Wouldn't that be 3^(2+x)=5?

Answer 13

that's cool
you still can't get past applying a log to both sides
I like to use ln( )

Answer 14

Alright, how would you do with the natural log?

Answer 15

\[9\cdot \:3^x=5\quad :\quad x=-\frac{\ln \left(\frac{9}{5}\right)}{\ln \left(3\right)}\quad \left(\mathrm{Decimal:\quad }x=-0.53503\right)\]

Answer 16

you do ln( ) of both sides
this allows you to bring the power down

@DecentNabeel It would be cool if we can lead him to the answer instead of just giving him the answer

Answer 17

\[3^{2+x}=5 \\ \ln(3^{2+x})=\ln(5) \\ \text{ use power rule: } \ln(a^r)=r \ln(a)\]

Answer 18

I guess what I'm confused is the answer that the teacher gave of x = log3
(5) − 2

Answer 19

is that log base 3?

Answer 20

Yes

Answer 21

if so then take log base 3 of both sides instead of ln( )

Answer 22

you will still use power rule though

Answer 23

@myininaya happy

Answer 24

@myininaya could you show what that looks like

Answer 25

instead of seeing the ln( ) on both sides
write \[\log_3( )\] on both sides

Answer 26

you know where I had written ln( )?

Answer 27

Oh never mind I got it

Answer 28

except for the -2 part

Answer 29

\[9\cdot \:3^x=5\]
\[\mathrm{Divide\:both\:sides\:by\:}9\]
\[3^x=\frac{5}{9}\]
\[\mathrm{Use\:the\:following\:exponent\:property}:\quad \frac{1}{a^n}=a^{-n}\]

\[\frac{5}{9}=\left(5\right)9^{-1}\]
\[3^x=5\cdot \:9^{-1}\]

\[\mathrm{If\:}f\left(x\right)=g\left(x\right)\mathrm{,\:then\:}\ln \left(f\left(x\right)\right)=\ln \left(g\left(x\right)\right)\]

Answer 30

@DecentNabeel thanks but that doesn't solve for x

Answer 31

\[\ln \left(3^x\right)=\ln \left(5\cdot \:9^{-1}\right)\]

\[\log _a\left(x^b\right)=b\cdot \log _a\left(x\right):\quad \ln \left(3^x\right)=x\ln \left(3\right)\]
\[x\ln \left(3\right)=\ln \left(5\cdot \:9^{-1}\right)\]

Answer 32

\[\mathrm{Solve\:}\:x\ln \left(3\right)=\ln \left(5\cdot \:9^{-1}\right):\quad x=-\frac{\ln \left(\frac{9}{5}\right)}{\ln \left(3\right)}\]

Answer 33

\[3^{x+2}=5 \\ \text{ take } \log_3( ) \text{ of both sides } \\ \log_3(3^{x+2})=\log(5) \\\]

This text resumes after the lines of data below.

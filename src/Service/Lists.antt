-- ===== src/Service/Lists.antt =====
-- redis.cc: the requests on lists, as requests of Service/Strings.
use pedis.Base.{ℕ, ◌-◌, Bool, true, false, List, [], ◌∷◌, ◌&&◌, not, if◌then◌else◌, leb, map}
use pedis.Base.Bytes.{Bytes, bytes_eq}
use pedis.TimerSet.{TimerSet}
use pedis.Database.Lists
use pedis.Service.{Host, Shards, Served, serve_on, try_on, refuse, redis_key, cpu_of}

-- `toupper`
abbrev pub toupper : ℕ → ℕ
toupper c = if leb b'a' c && leb c b'z' then c - 32 else c

-- "BEFORE"
abbrev pub before_text : Bytes
before_text = b'B' ∷ b'E' ∷ b'F' ∷ b'O' ∷ b'R' ∷ b'E' ∷ []

module _ {F S : Type 0} (H : Host) where
  -- `push_impl`
  unfoldable pub push_impl : Bool → Bool → List Bytes → Shards F S → Served F S
  push_impl force left (key ∷ value ∷ []) m =
      serve_on (cpu_of H key) (Lists.push (redis_key H key) value force left) m
  push_impl force left (key ∷ value ∷ values) m =
      serve_on (cpu_of H key) (Lists.push_multi (redis_key H key) (value ∷ values) force left) m
  push_impl force left _ m = refuse m

  unfoldable pub lpush : List Bytes → Shards F S → Served F S
  unfolding push_impl
  lpush = push_impl true false

  unfoldable pub lpushx : List Bytes → Shards F S → Served F S
  unfolding push_impl
  lpushx = push_impl false false

  unfoldable pub rpush : List Bytes → Shards F S → Served F S
  unfolding push_impl
  rpush = push_impl true true

  unfoldable pub rpushx : List Bytes → Shards F S → Served F S
  unfolding push_impl
  rpushx = push_impl false true

  -- LLEN
  unfoldable pub llen : List Bytes → Shards F S → Served F S
  llen [] m = refuse m
  llen (key ∷ _) m = serve_on (cpu_of H key) (Lists.llen (redis_key H key)) m

  -- LINDEX
  unfoldable pub lindex : List Bytes → Shards F S → Served F S
  lindex (key ∷ idx ∷ _) m = try_on (cpu_of H key) (Lists.lindex (redis_key H key) (H.atoi idx)) m
  lindex _ m = refuse m

  -- LINSERT; the number is the depth of nested calls of `equal`.
  unfoldable pub linsert : ℕ → List Bytes → Shards F S → Served F S
  linsert fuel (key ∷ dir ∷ pivot ∷ value ∷ _) m =
      let after = not (bytes_eq (map toupper dir) before_text) in
      try_on (cpu_of H key) (Lists.linsert fuel (redis_key H key) pivot value after) m
  linsert fuel _ m = refuse m

  -- LRANGE
  unfoldable pub lrange : List Bytes → Shards F S → Served F S
  lrange (key ∷ s ∷ e ∷ _) m =
      serve_on (cpu_of H key) (Lists.lrange (redis_key H key) (H.atoi s) (H.atoi e)) m
  lrange _ m = refuse m

  -- LSET
  unfoldable pub lset : List Bytes → Shards F S → Served F S
  lset (key ∷ index ∷ value ∷ _) m =
      try_on (cpu_of H key) (Lists.lset (redis_key H key) (H.atoi index) value) m
  lset _ m = refuse m

module _ {F S : Type 0} ⦃T : TimerSet S⦄ (H : Host) where
  -- `pop_impl`
  unfoldable pub pop_impl : Bool → List Bytes → Shards F S → Served F S
  pop_impl left [] m = refuse m
  pop_impl left (key ∷ _) m = try_on (cpu_of H key) (Lists.pop (redis_key H key) left) m

  unfoldable pub lpop : List Bytes → Shards F S → Served F S
  unfolding pop_impl
  lpop = pop_impl false

  unfoldable pub rpop : List Bytes → Shards F S → Served F S
  unfolding pop_impl
  rpop = pop_impl true

  -- LTRIM
  unfoldable pub ltrim : List Bytes → Shards F S → Served F S
  ltrim (key ∷ start ∷ stop ∷ _) m =
      try_on (cpu_of H key) (Lists.ltrim (redis_key H key) (H.atoi start) (H.atoi stop)) m
  ltrim _ m = refuse m

  -- LREM
  unfoldable pub lrem : List Bytes → Shards F S → Served F S
  lrem (key ∷ count ∷ value ∷ _) m =
      try_on (cpu_of H key) (Lists.lrem (redis_key H key) (H.atoi count) value) m
  lrem _ m = refuse m
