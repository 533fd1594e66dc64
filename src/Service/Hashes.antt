-- ===== src/Service/Hashes.antt =====
-- redis.cc: the requests on hashes, as requests of Service/Strings.
use pedis.Base.{ℕ, suc, ◌-◌, ◌/◌, Bool, List, [], ◌∷◌, if◌then◌else◌, length}
use pedis.Base.Bytes.{Bytes, bytes_eq}
use pedis.TimerSet.{TimerSet}
use pedis.Double.{Double}
use pedis.Database.Strings.{to_word}
use pedis.Database.Hashes
use pedis.Service.{Host, Shards, Served, serve_on, try_on, refuse, redis_key, cpu_of}

-- `_tmp_key_values.emplace`: a key that is there keeps its value. The order of the entries is that
-- of their first insertion.
unfoldable pub emplace : Bytes → Bytes → List (Bytes × Bytes) → List (Bytes × Bytes)
emplace k v [] = (k, v) ∷ []
emplace k v ((k', v') ∷ l) =
    let rest = emplace k v l in if bytes_eq k k' then (k', v') ∷ l else (k', v') ∷ rest

-- The loop of HMSET over `_args[i]` and `_args[i + 1]`, from `i` on
unfoldable pub field_pairs : ℕ → List Bytes → List (Bytes × Bytes) → List (Bytes × Bytes)
unfolding emplace
field_pairs (suc n) (a ∷ b ∷ rest) found = field_pairs n (b ∷ rest) (emplace a b found)
field_pairs _ _ found = found

module _ {F S : Type 0} (H : Host) where
  -- HEXISTS
  unfoldable pub hexists : List Bytes → Shards F S → Served F S
  hexists (key ∷ field ∷ _) m = serve_on (cpu_of H key) (Hashes.hexists (redis_key H key) field) m
  hexists _ m = refuse m

  -- HSET
  unfoldable pub hset : List Bytes → Shards F S → Served F S
  hset (key ∷ field ∷ val ∷ _) m =
      serve_on (cpu_of H key) (Hashes.hset (redis_key H key) field val) m
  hset _ m = refuse m

  -- HMSET: the pairs start at the key.
  unfoldable pub hmset :
      (List (Bytes × Bytes) → List (Bytes × Bytes)) → List Bytes → Shards F S → Served F S
  unfolding field_pairs
  hmset order (key ∷ a ∷ b ∷ rest) m =
      let args = key ∷ a ∷ b ∷ rest in
      let kvs = field_pairs ((length args - 1) / 2) args [] in
      serve_on (cpu_of H key) (Hashes.hmset (redis_key H key) (order kvs)) m
  hmset order _ m = refuse m

  -- HINCRBY
  unfoldable pub hincrby : List Bytes → Shards F S → Served F S
  hincrby (key ∷ field ∷ val ∷ _) m =
      serve_on (cpu_of H key) (Hashes.hincrby (redis_key H key) field (to_word (H.atoi val))) m
  hincrby _ m = refuse m

  -- HLEN
  unfoldable pub hlen : List Bytes → Shards F S → Served F S
  hlen [] m = refuse m
  hlen (key ∷ _) m = serve_on (cpu_of H key) (Hashes.hlen (redis_key H key)) m

  -- HSTRLEN
  unfoldable pub hstrlen : List Bytes → Shards F S → Served F S
  hstrlen (key ∷ field ∷ _) m = try_on (cpu_of H key) (Hashes.hstrlen (redis_key H key) field) m
  hstrlen _ m = refuse m

  -- HGET
  unfoldable pub hget : List Bytes → Shards F S → Served F S
  hget (key ∷ field ∷ _) m = serve_on (cpu_of H key) (Hashes.hget (redis_key H key) field) m
  hget _ m = refuse m

  -- `hgetall`, `hgetall_keys` and `hgetall_values`
  unfoldable pub hgetall : Bool → Bool → List Bytes → Shards F S → Served F S
  hgetall keys values [] m = refuse m
  hgetall keys values (key ∷ _) m =
      serve_on (cpu_of H key) (Hashes.hgetall_impl keys values (redis_key H key)) m

  -- HMGET
  unfoldable pub hmget : List Bytes → Shards F S → Served F S
  hmget [] m = refuse m
  hmget (key ∷ keys) m = serve_on (cpu_of H key) (Hashes.hmget (redis_key H key) keys) m

module _ {F S : Type 0} ⦃T : TimerSet S⦄ (H : Host) where
  -- HDEL
  unfoldable pub hdel : List Bytes → Shards F S → Served F S
  hdel (key ∷ field ∷ []) m = serve_on (cpu_of H key) (Hashes.hdel (redis_key H key) field) m
  hdel (key ∷ field ∷ fields) m =
      serve_on (cpu_of H key) (Hashes.hdel_multi (redis_key H key) (field ∷ fields)) m
  hdel _ m = refuse m

module _ {F S : Type 0} ⦃D : Double F⦄ (H : Host) (atof : Bytes → F) where
  -- HINCRBYFLOAT
  unfoldable pub hincrbyfloat : List Bytes → Shards F S → Served F S
  hincrbyfloat (key ∷ field ∷ val ∷ _) m =
      serve_on (cpu_of H key) (Hashes.hincrbyfloat (redis_key H key) field (atof val)) m
  hincrbyfloat _ m = refuse m
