-- ===== src/Service/Sets.antt =====
-- redis.cc: the requests on sets, as requests of Service/Strings. The differences, intersections
-- and unions read the sets of all keys first, each on its own shard.
use pedis.Base.{
  Bool, true, false, Option, none, some, List, [], ◌∷◌, ◌++◌, ◌||◌, if◌then◌else◌, is_empty,
}
use pedis.Base.Bytes.{Bytes, bytes_eq}
use pedis.TimerSet.{TimerSet}
use pedis.Reply.{Message, Reply}
use pedis.Database.{say, flag_reply}
use pedis.Database.Sets
use pedis.Service.{Host, Shards, Served, invoke_on, serve_on, refuse, redis_key, cpu_of}

-- `std::find_if(…, item == o) != end()`
unfoldable pub contains : Bytes → List Bytes → Bool
contains item [] = false
contains item (o ∷ l) = bytes_eq item o || contains item l

-- `stdx::erase_if(temp, item == o)`
unfoldable pub erase_item : Bytes → List Bytes → List Bytes
erase_item item [] = []
erase_item item (o ∷ l) = let rest = erase_item item l in if bytes_eq item o then rest else o ∷ rest

unfoldable pub erase_items : List Bytes → List Bytes → List Bytes
unfolding erase_item
erase_items [] temp = temp
erase_items (item ∷ items) temp = erase_items items (erase_item item temp)

-- The loop of `sdiff_impl` over the other sets
unfoldable pub difference : List Bytes → List (List Bytes) → List Bytes
unfolding erase_items
difference temp [] = temp
difference temp (items ∷ sets) = difference (erase_items items temp) sets

-- The items of the next set that are in the result of `sinter_impl`
unfoldable pub common : List Bytes → List Bytes → List Bytes
unfolding contains
common result [] = []
common result (item ∷ items) =
    let rest = common result items in if contains item result then item ∷ rest else rest

-- The loop of `sinter_impl`: the result, and whether the loop replied itself.
unfoldable pub intersection : List Bytes → List (List Bytes) → List Bytes × Bool
unfolding common
intersection result [] = (result, false)
intersection result (items ∷ sets) =
    let rest = intersection (common result items) sets in
    if is_empty result || is_empty items then (result, true) else rest

-- What `sunion_impl` adds of one set
unfoldable pub add_new : List Bytes → List Bytes → List Bytes
unfolding contains
add_new [] result = result
add_new (item ∷ items) result =
    add_new items (if contains item result then result else result ++ item ∷ [])

unfoldable pub union : List (List Bytes) → List Bytes → List Bytes
unfolding add_new
union [] result = result
union (items ∷ sets) result = union sets (add_new items result)

abbrev pub first_set : List (List Bytes) → List Bytes
first_set [] = []
first_set (s ∷ _) = s

abbrev pub other_sets : List (List Bytes) → List (List Bytes)
other_sets [] = []
other_sets (_ ∷ sets) = sets

module _ {F S : Type 0} (H : Host) where
  -- SMEMBERS
  unfoldable pub smembers : List Bytes → Shards F S → Served F S
  smembers [] m = refuse m
  smembers (key ∷ _) m = serve_on (cpu_of H key) (Sets.smembers (redis_key H key)) m

  -- SADD
  unfoldable pub sadd : List Bytes → Shards F S → Served F S
  sadd (key ∷ member ∷ members) m =
      serve_on (cpu_of H key) (Sets.sadds (redis_key H key) (member ∷ members)) m
  sadd _ m = refuse m

  -- SCARD
  unfoldable pub scard : List Bytes → Shards F S → Served F S
  scard [] m = refuse m
  scard (key ∷ _) m = serve_on (cpu_of H key) (Sets.scard (redis_key H key)) m

  -- SISMEMBER
  unfoldable pub sismember : List Bytes → Shards F S → Served F S
  sismember (key ∷ member ∷ _) m =
      serve_on (cpu_of H key) (Sets.sismember (redis_key H key) member) m
  sismember _ m = refuse m

  -- `items_set`: the members of every key
  unfoldable pub read_sets : List Bytes → Shards F S → List (List Bytes) × Shards F S
  read_sets [] m = ([], m)
  read_sets (key ∷ keys) m0 =
      let (members, m1) = invoke_on (cpu_of H key) (Sets.smembers_direct (redis_key H key)) m0 in
      let (sets, m2) = read_sets keys m1 in (members ∷ sets, m2)

  -- `sadds_impl_return_keys`, or the reply where there is no destination. The members are moved into
  -- the call, and the reply is built of the empty vector that is left.
  unfoldable pub answer : Option Bytes → List Bytes → Shards F S → Served F S
  answer none result m = some (Reply.bulks result, m)
  answer (some dest) result m0 =
      let handler = Sets.sadds_direct (redis_key H dest) result in
      let (done, m) = invoke_on (cpu_of H dest) handler m0 in
      some (if done then Reply.bulks [] else say Message.err, m)

  -- `sdiff_impl`
  unfoldable pub sdiff_impl : List Bytes → Option Bytes → Shards F S → Served F S
  unfolding read_sets difference answer
  sdiff_impl keys dest m0 =
      let (sets, m) = read_sets keys m0 in
      answer dest (difference (first_set sets) (other_sets sets)) m

  -- `sinter_impl`
  unfoldable pub sinter_impl : List Bytes → Option Bytes → Shards F S → Served F S
  unfolding read_sets intersection answer
  sinter_impl keys dest m0 =
      let (sets, m) = read_sets keys m0 in
      let (result, replied) = intersection (first_set sets) (other_sets sets) in
      answer (if replied then none else dest) result m

  -- `sunion_impl`
  unfoldable pub sunion_impl : List Bytes → Option Bytes → Shards F S → Served F S
  unfolding read_sets union answer
  sunion_impl keys dest m0 = let (sets, m) = read_sets keys m0 in answer dest (union sets []) m

  -- SDIFF, SINTER and SUNION: one key is SMEMBERS.
  unfoldable pub combine :
      (List Bytes → Option Bytes → Shards F S → Served F S) → List Bytes → Shards F S → Served F S
  unfolding smembers
  combine impl [] m = refuse m
  combine impl (key ∷ []) m = smembers (key ∷ []) m
  combine impl keys m = impl keys none m

  unfoldable pub combine_store :
      (List Bytes → Option Bytes → Shards F S → Served F S) → List Bytes → Shards F S → Served F S
  combine_store impl (dest ∷ key ∷ keys) m = impl (key ∷ keys) (some dest) m
  combine_store impl _ m = refuse m

module _ {F S : Type 0} ⦃T : TimerSet S⦄ (H : Host) where
  -- SREM
  unfoldable pub srem : List Bytes → Shards F S → Served F S
  srem (key ∷ member ∷ members) m =
      serve_on (cpu_of H key) (Sets.srems (redis_key H key) (member ∷ members)) m
  srem _ m = refuse m

  -- `srem_direct` and then `sadd_direct`: the first moves the member into its call, and the second
  -- gets the empty text that is left.
  unfoldable pub smove : List Bytes → Shards F S → Served F S
  smove (key ∷ dest ∷ member ∷ _) m0 =
      let (u, m1) = invoke_on (cpu_of H key) (Sets.srem_direct (redis_key H key) member) m0 in
      let (v, m2) = invoke_on (cpu_of H dest) (Sets.sadd_direct (redis_key H dest) []) m1 in
      if u then some (flag_reply v, m2) else some (say Message.zero, m1)
  smove _ m = refuse m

You can use power rule here... the one I mentioned above where you can bring down the exponent on the thing inside the log

Answer 34

\[x\ln \left(3\right)=\ln \left(5\cdot \:9^{-1}\right)\]
\[\mathrm{Divide\:both\:sides\:by\:}\ln \left(3\right)\]

\[\frac{x\ln \left(3\right)}{\ln \left(3\right)}=\frac{\ln \left(5\cdot \:9^{-1}\right)}{\ln \left(3\right)}\]
\[x=-\frac{\ln \left(\frac{9}{5}\right)}{\ln \left(3\right)}\]

Answer 35

@smileyxl3 gotit

Answer 36

that one side forgot to write the subscript 3 (the base I mean)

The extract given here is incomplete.